** Data section follows **
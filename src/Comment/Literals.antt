-- ===== src/Comment/Literals.antt =====
-- Each literal form is decoded to the content that was written.
use postgresparser.Prelude.{
  ℕ, ◌-◌, ◌+◌, ◌*◌, ◌≡◌, ◌≢◌, refl, ap, ◌∙◌, false, ◌||◌, some, [], ◌∷◌, ◌++◌, append_assoc, Text,
  length, length-append, take, drop, take-append, drop-append, text_eq_self, ◌==◌, if◌then◌else◌,
  arith,
}
use mathlib.Core.Path.{subst}
use postgresparser.Strings.{Unicode, is_space, to_upper, trim_space, has_prefix, undouble_char}
use postgresparser.Strings.Trim.{IsTrimmed, EndsOutside, EndsOutside-last, trim_space_trimmed}
use postgresparser.Strings.Quote.{
  Lacks, double_char, quote, undouble_char-double_char, ends_in-append, drop_end-append,
}
use postgresparser.Comment.{
  apostrophe, backslash, decode_single_quoted, escape_code, decode_escaped, until_dollar, between,
  decode_dollar_quoted, or_raw, escaped_or_raw, decode_quoted, decode_trimmed,
  decode_string_literal,
}

-- A single-quoted literal is decoded to its content.
pub decode_single_quoted-quote : (s : Text) → decode_single_quoted (quote apostrophe s) ≡ some s
unfolding decode_single_quoted quote
decode_single_quoted-quote s = rw (drop_end-append apostrophe (double_char apostrophe s)) (
    ground (
      arith,
      ends_in-append apostrophe apostrophe (apostrophe ∷ double_char apostrophe s),
      length-append (double_char apostrophe s) (apostrophe ∷ []),
      undouble_char-double_char apostrophe s,
    ))

-- the content of an `E'...'` literal
unfoldable pub escape : Text → Text
escape [] = []
escape (c ∷ s) =
    if (c == backslash) || (c == apostrophe) then backslash ∷ c ∷ escape s else c ∷ escape s

-- Escaping is undone.
pub decode_escaped-escape : (s : Text) → decode_escaped (escape s) ≡ s
unfolding decode_escaped escape escape_code
decode_escaped-escape [] = refl
decode_escaped-escape (c ∷ []) = ground arith
decode_escaped-escape (c ∷ d ∷ s) = ground (arith, decode_escaped-escape (d ∷ s))

-- No quote follows a quote in an escaped text.
undouble_char-escape : (s : Text) → undouble_char apostrophe (escape s) ≡ escape s
unfolding undouble_char escape
undouble_char-escape [] = refl
undouble_char-escape (c ∷ []) = ground arith
undouble_char-escape (c ∷ d ∷ s) = ground (arith, undouble_char-escape (d ∷ s))

module _ (delim body : Text) where
  abbrev whole : Text
  whole = delim ++ (body ++ delim)

  length-whole : length whole ≡ length delim + (length body + length delim)
  length-whole = omega (arith, length-append delim (body ++ delim), length-append body delim)

  drop-whole : drop (length whole - length delim) whole ≡ delim
  drop-whole =
      let e : length whole - length delim ≡ length (delim ++ body) =
        omega (arith, length-whole, length-append delim body) in
      rw (e, ← append_assoc delim body delim) (drop-append (delim ++ body) delim)

  take-whole : take (length whole - length delim * 2) (drop (length delim) whole) ≡ body
  take-whole =
      let e : length whole - length delim * 2 ≡ length body = omega (arith, length-whole) in
      rw (e, drop-append delim (body ++ delim)) (take-append body delim)

  between-whole : between delim whole ≡ some body
  unfolding between
  between-whole = rw (drop-whole, text_eq_self delim) (ground (arith, length-whole, take-whole))

until_dollar-append :
    (tag rest : Text) → Lacks b'$' tag → until_dollar (tag ++ b'$' ∷ rest) ≡ some tag
unfolding until_dollar
until_dollar-append [] rest h = refl
until_dollar-append (c ∷ tag) rest h = ground (arith, until_dollar-append tag rest h.1)

-- `$tag$`
abbrev pub delimiter : Text → Text
delimiter tag = b'$' ∷ (tag ++ b'$' ∷ [])

-- A dollar-quoted literal is decoded to its body, whatever that holds.
pub decode_dollar_quoted-delimiter :
    (tag body : Text)
    → Lacks b'$' tag
    → decode_dollar_quoted (delimiter tag ++ (body ++ delimiter tag)) ≡ some body
unfolding decode_dollar_quoted
decode_dollar_quoted-delimiter tag body h =
    rw
      (
        append_assoc tag (b'$' ∷ []) (body ++ delimiter tag),
        until_dollar-append tag (body ++ delimiter tag) h,
      )
      (between-whole (delimiter tag) body)

decode_single_quoted-escape :
    (s : Text) → decode_single_quoted (apostrophe ∷ (escape s ++ apostrophe ∷ [])) ≡ some (escape s)
unfolding decode_single_quoted
decode_single_quoted-escape s = rw (drop_end-append apostrophe (escape s)) (
    ground (
      arith,
      ends_in-append apostrophe apostrophe (apostrophe ∷ escape s),
      length-append (escape s) (apostrophe ∷ []),
      undouble_char-escape s,
    ))

delimited-IsTrimmed : (tag body : Text) → IsTrimmed (delimiter tag ++ (body ++ delimiter tag))
unfolding is_space
delimited-IsTrimmed tag body =
    let regroup : (delimiter tag ++ (body ++ b'$' ∷ tag)) ++ b'$' ∷ []
        ≡ delimiter tag ++ (body ++ delimiter tag) =
      simp append_assoc in
    (
      refl,
      subst (EndsOutside is_space) regroup
          (EndsOutside-last (delimiter tag ++ (body ++ b'$' ∷ tag)) b'$' refl),
    )

module _ ⦃u : Unicode⦄ where
  upper_apostrophe : u.upper b'\'' ≡ b'\''
  upper_apostrophe = u.upper_at_ascii b'\'' (omega arith)

  upper_e : u.upper b'E' ≡ b'E'
  upper_e = u.upper_at_ascii b'E' (omega arith)

  decode_quoted-apostrophe :
      (s : Text)
      → decode_quoted (apostrophe ∷ s)
        ≡ or_raw (apostrophe ∷ s) (decode_single_quoted (apostrophe ∷ s))
  unfolding decode_quoted has_prefix to_upper
  decode_quoted-apostrophe s = rw upper_apostrophe refl

  decode_quoted-e :
      (s : Text)
      → decode_quoted (b'E' ∷ apostrophe ∷ s)
        ≡ escaped_or_raw (b'E' ∷ apostrophe ∷ s) (decode_single_quoted (apostrophe ∷ s))
  unfolding decode_quoted has_prefix to_upper
  decode_quoted-e s = rw (upper_e, upper_apostrophe) refl

  decode_trimmed-other :
      (c : ℕ) (s : Text) → c ≢ b'$' → decode_trimmed (c ∷ s) ≡ decode_quoted (c ∷ s)
  unfolding decode_trimmed has_prefix
  decode_trimmed-other c s h = ground arith

  decode_trimmed-dollar :
      (s text : Text)
      → decode_dollar_quoted (b'$' ∷ s) ≡ some text
      → decode_trimmed (b'$' ∷ s) ≡ text
  unfolding decode_trimmed has_prefix
  decode_trimmed-dollar s text h = rw h refl

  decode_string_literal-trim_space :
      (s : Text) → decode_string_literal s ≡ decode_trimmed (trim_space s)
  unfolding decode_string_literal
  decode_string_literal-trim_space s = refl

  decode_string_literal-trimmed :
      (s : Text) → IsTrimmed s → decode_string_literal s ≡ decode_trimmed s
  decode_string_literal-trimmed s h =
      decode_string_literal-trim_space s ∙ ap decode_trimmed (trim_space_trimmed s h)

  closed-IsTrimmed :
      (c d : ℕ) (s : Text) → is_space c ≡ false → is_space d ≡ false → IsTrimmed (c ∷ (s ++ d ∷ []))
  closed-IsTrimmed c d s hc hd = (hc, EndsOutside-last (c ∷ s) d hd)

  -- A text written as a standard SQL literal, in single quotes that double those inside, is decoded
  -- to the text.
  pub decode_string_literal-quote : (s : Text) → decode_string_literal (quote apostrophe s) ≡ s
  unfolding quote is_space or_raw
  decode_string_literal-quote s =
      decode_string_literal-trimmed (quote apostrophe s)
        (closed-IsTrimmed apostrophe apostrophe (double_char apostrophe s) refl refl)
      ∙ decode_trimmed-other apostrophe (double_char apostrophe s ++ apostrophe ∷ [])
          (λ e. omega (arith, e))
      ∙ decode_quoted-apostrophe (double_char apostrophe s ++ apostrophe ∷ [])
      ∙ ap (or_raw (quote apostrophe s)) (decode_single_quoted-quote s)

  -- A text written as an `E` literal, with its backslashes and quotes escaped by backslashes, is
  -- decoded to the text.
  pub decode_string_literal-escape :
      (s : Text) → decode_string_literal (b'E' ∷ apostrophe ∷ (escape s ++ apostrophe ∷ [])) ≡ s
  unfolding is_space escaped_or_raw
  decode_string_literal-escape s =
      decode_string_literal-trimmed (b'E' ∷ apostrophe ∷ (escape s ++ apostrophe ∷ []))
        (closed-IsTrimmed b'E' apostrophe (apostrophe ∷ escape s) refl refl)
      ∙ decode_trimmed-other b'E' (apostrophe ∷ (escape s ++ apostrophe ∷ []))
          (λ e. omega (arith, e))
      ∙ decode_quoted-e (escape s ++ apostrophe ∷ [])
      ∙ ap (escaped_or_raw (b'E' ∷ apostrophe ∷ (escape s ++ apostrophe ∷ [])))
          (decode_single_quoted-escape s)
      ∙ decode_escaped-escape s

  -- A text between two equal dollar delimiters, whose tag holds no dollar sign, is decoded to the
  -- text.
  pub decode_string_literal-delimiter :
      (tag body : Text)
      → Lacks b'$' tag
      → decode_string_literal (delimiter tag ++ (body ++ delimiter tag)) ≡ body
  decode_string_literal-delimiter tag body h =
      decode_string_literal-trimmed (delimiter tag ++ (body ++ delimiter tag))
        (delimited-IsTrimmed tag body)
      ∙ decode_trimmed-dollar ((tag ++ b'$' ∷ []) ++ (body ++ delimiter tag)) body
          (decode_dollar_quoted-delimiter tag body h)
** End of Data section **
**What is expected:** Above are the records; repeat exactly the lines from the one holding "-- to the text." down to the one holding "unfolding is_space escaped_or_raw", end lines included.

**Exercise response:**
  -- to the text.
  pub decode_string_literal-quote : (s : Text) → decode_string_literal (quote apostrophe s) ≡ s
  unfolding quote is_space or_raw
  decode_string_literal-quote s =
      decode_string_literal-trimmed (quote apostrophe s)
        (closed-IsTrimmed apostrophe apostrophe (double_char apostrophe s) refl refl)
      ∙ decode_trimmed-other apostrophe (double_char apostrophe s ++ apostrophe ∷ [])
          (λ e. omega (arith, e))
      ∙ decode_quoted-apostrophe (double_char apostrophe s ++ apostrophe ∷ [])
      ∙ ap (or_raw (quote apostrophe s)) (decode_single_quoted-quote s)

  -- A text written as an `E` literal, with its backslashes and quotes escaped by backslashes, is
  -- decoded to the text.
  pub decode_string_literal-escape :
      (s : Text) → decode_string_literal (b'E' ∷ apostrophe ∷ (escape s ++ apostrophe ∷ [])) ≡ s
  unfolding is_space escaped_or_raw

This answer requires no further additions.